Only six water cannons are operational in the United Kingdom, all held by the Police Service of Northern Ireland (PSNI); these are Somati RCV9000 Vehicle Mounted Water Cannons built on GINAF chassis, which after extensive evaluation by a Defence Scientific Advisory Council sub-committee as a less-lethal replacement of baton rounds, began to enter service with the PSNI from 2004 onwards.[39][40][41] Water cannon use outside Northern Ireland is not approved, and would require the statutory authorisation from the Home Secretary for use in England and Wales[42] or the parliament of Scotland for use in Scotland.[citation needed]
In June 2014, London's Deputy Mayor for Policing and Crime Stephen Greenhalgh authorised the Metropolitan Police to buy three-second-hand Wasserwerfer 9000s from the German Federal Police. Mayor of London Boris Johnson said that the purchase had been authorised before Parliamentary approval, as the three cannons cost £218,000 to purchase and would require a further £125,000 of work before being deemed suitable for service, as opposed to £870,000 for a single new machine.[43] But after a study of their safety and effectiveness, Home Secretary Theresa May said in Parliament in July 2015 that she had decided not to license them for use.[44] They were sold in November 2018 with the intention that they were to be broken up for spare parts.[45]
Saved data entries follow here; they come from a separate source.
-- ===== src/Session/Spawn/Protocol.antt =====
-- Callers of `ensure_running` on one session, in any interleaving of their phases: one spawner at a
-- time, no live process overwritten, and no claim that outlives its spawner.
use zeromux.ClaudeFanout.Manager.{Serializer, serve_call}
use zeromux.Effects.{Effect}
use zeromux.Prelude.{
  ℕ, suc, ◌≤◌, ◌≡◌, ◌≢◌, Bool, true, false, Option, none, some, arith, is_some, ltb, subst, ◌&&◌,
}
use zeromux.Session.{Session, ResumeToken}
use zeromux.Session.Spawn.{
  SpawnDecision, already_running, wait, spawn, decide_spawn, drop_guard, Spawned, install, poll,
  again,
}
use zeromux.Session.Scrollback.{record_and_broadcast}
use zeromux.Session.Turn

-- A session of the manager, until it is removed, and the calls that are between phase 1 and phase 3.
pub record World : Type 0 where
  pub session : Option Session
  pub spawners : ℕ

-- Phase 1 of one more caller.
claimed : SpawnDecision × Session → World → World
claimed (already_running, s) w = w
claimed (wait, s) w = w
claimed (spawn plan, s) w = record { session = some s; spawners = suc w.spawners }

unfoldable pub enter : World → World
unfolding claimed
enter w = elim w.session [ none ↦ w | some s ↦ claimed (decide_spawn s) w ]

unfoldable pub on_session : (Session → Session) → Option Session → Option Session
on_session f none = none
on_session f (some s) = some (f s)

-- The moves of the callers, of the fan-out of the session's process, and of a client that deletes it.
pub data Step : World → World → Type 0 where
  entered : (w : World) → Step w (enter w)
  finished :
      (w : World) (n : ℕ) (result : Spawned × Bool) (stale : Option ResumeToken)
      → w.spawners ≡ suc n
      → Step w (record { session = on_session (install result stale) w.session; spawners = n })
  cancelled :
      (w : World) (n : ℕ)
      → w.spawners ≡ suc n
      → Step w (record { session = on_session (drop_guard true) w.session; spawners = n })
  served :
      (w : World) (json : Serializer) (now : ℕ) (e : Effect)
      → Step w
          (record { session = on_session (serve_call json now e) w.session; spawners = w.spawners })
  deleted : (w : World) → Step w (record { session = none; spawners = w.spawners })

-- A session that is loaded or just made has no spawner, and a free flag.
pub data Reached : World → Type 0 where
  loaded : (s : Session) → s.spawning ≡ false → Reached (record { session = some s; spawners = 0 })
  moved : (w w' : World) → Reached w → Step w w' → Reached w'

abbrev pub claims : Bool → ℕ
claims true = 1
claims false = 0

abbrev Sound : ℕ → Option Session → Type 0
Sound n none = n ≤ 1
Sound n (some s) = (n ≡ claims s.spawning) × (s.spawning ≡ true → s.running ≡ none)

enter-Sound : (w : World) → Sound w.spawners w.session → Sound (enter w).spawners (enter w).session
unfolding enter decide_spawn
enter-Sound w v = ground arith

install-Sound :
    (n : ℕ) (result : Spawned × Bool) (stale : Option ResumeToken) (o : Option Session)
    → Sound (suc n) o
    → Sound n (on_session (install result stale) o)
unfolding install on_session
install-Sound n result stale o v = ground arith

drop_guard-Sound :
    (n : ℕ) (o : Option Session) → Sound (suc n) o → Sound n (on_session (drop_guard true) o)
unfolding drop_guard on_session
drop_guard-Sound n o v = ground arith

module _ (json : Serializer) (now : ℕ) where
  serve_call_spawning : (e : Effect) (s : Session) → (serve_call json now e s).spawning ≡ s.spawning
  unfolding serve_call record_and_broadcast Turn.apply_turn Turn.approval_resolved
      Turn.set_resume_token Turn.mark_queue_mode Turn.settle_posture Turn.record_run_metric
      Turn.mark_fanout_ended
  serve_call_spawning e s = ground arith

  serve_call_gone :
      (e : Effect) (s : Session) → s.running ≡ none → (serve_call json now e s).running ≡ none
  unfolding serve_call record_and_broadcast Turn.apply_turn Turn.approval_resolved
      Turn.set_resume_token Turn.mark_queue_mode Turn.settle_posture Turn.record_run_metric
      Turn.mark_fanout_ended
  serve_call_gone e s h = ground arith

  serve_call-Sound :
      (n : ℕ) (e : Effect) (o : Option Session)
      → Sound n o
      → Sound n (on_session (serve_call json now e) o)
  unfolding on_session
  serve_call-Sound n e none v = v
  serve_call-Sound n e (some s) v = ground (arith, serve_call_spawning e s, serve_call_gone e s)

Sound-le-one : (n : ℕ) (o : Option Session) → Sound n o → n ≤ 1
Sound-le-one n none v = v
Sound-le-one n (some s) v = ground arith

Step-Sound : (w w' : World) → Step w w' → Sound w.spawners w.session → Sound w'.spawners w'.session
Step-Sound _ _ (entered w) v = enter-Sound w v
Step-Sound _ _ (finished w n result stale e) v =
    install-Sound n result stale w.session (subst (λ k. Sound k w.session) e v)
Step-Sound _ _ (cancelled w n e) v =
    drop_guard-Sound n w.session (subst (λ k. Sound k w.session) e v)
Step-Sound _ _ (served w json now e) v = serve_call-Sound json now w.spawners e w.session v
Step-Sound _ _ (deleted w) v = Sound-le-one w.spawners w.session v

Reached-Sound : (w : World) → Reached w → Sound w.spawners w.session
Reached-Sound _ (loaded s e) = ground arith
Reached-Sound _ (moved w w' r step) = Step-Sound w w' step (Reached-Sound w r)

-- In any interleaving of the callers of `ensure_running`, the calls that serve the session's fan-out
-- and its removal: a session that is still there has one spawner if its flag is set and none if not,
-- and never a spawner beside a process, so that no live process is overwritten.
pub spawn_exclusive :
    (w : World) (s : Session)
    → Reached w
    → w.session ≡ some s
    → (w.spawners ≡ claims s.spawning) × ((is_some s.running && ltb 0 w.spawners) ≡ false)
spawn_exclusive w s r e =
    let v : Sound w.spawners (some s) = subst (Sound w.spawners) e (Reached-Sound w r) in
    ground arith

-- Where no spawn is in flight, no caller waits for one: phase 1 does not answer `Wait`, and a caller
-- that polls stops, whether the last spawn was installed, failed, or was cancelled half-way.
pub spawn_unwedged :
    (w : World) (s : Session)
    → Reached w
    → w.session ≡ some s
    → w.spawners ≡ 0
    → ((decide_spawn s).0 ≢ wait) × (poll (some s) ≢ again)
unfolding decide_spawn poll
spawn_unwedged w s r e idle =
    let v : Sound w.spawners (some s) = subst (Sound w.spawners) e (Reached-Sound w r) in
    (λ h. ground arith, λ h. ground arith)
Truck-based water cannon, and fire hoses used as improvised water cannons, were used widely in the United States during the 1960s for both riot control and suppressing peaceful civil rights marches, including the infamous use ordered by Eugene "Bull" Connor in Birmingham, Alabama in 1963.[46][47] The newsreel footage of police turning water cannons and police dogs on civilians—both student protesters and bystanders alike, including children as young as six—widely viewed as shocking and inappropriate and helped turn public sympathies towards civil rights.[48] Water cannons were used in November 2016 during the Dakota Access Pipeline protests.[49] In August 2020, state senator Floyd Prozanski suggested water cannons be used by police against protesters in Portland, Oregon.[50]
Water cannons are used in hydraulic mining to dislodge rock material or move sediment. In the placer mining of gold or tin, the resulting water-sediment slurry is directed through sluice boxes to remove the gold. It is also used in mining kaolin and coal.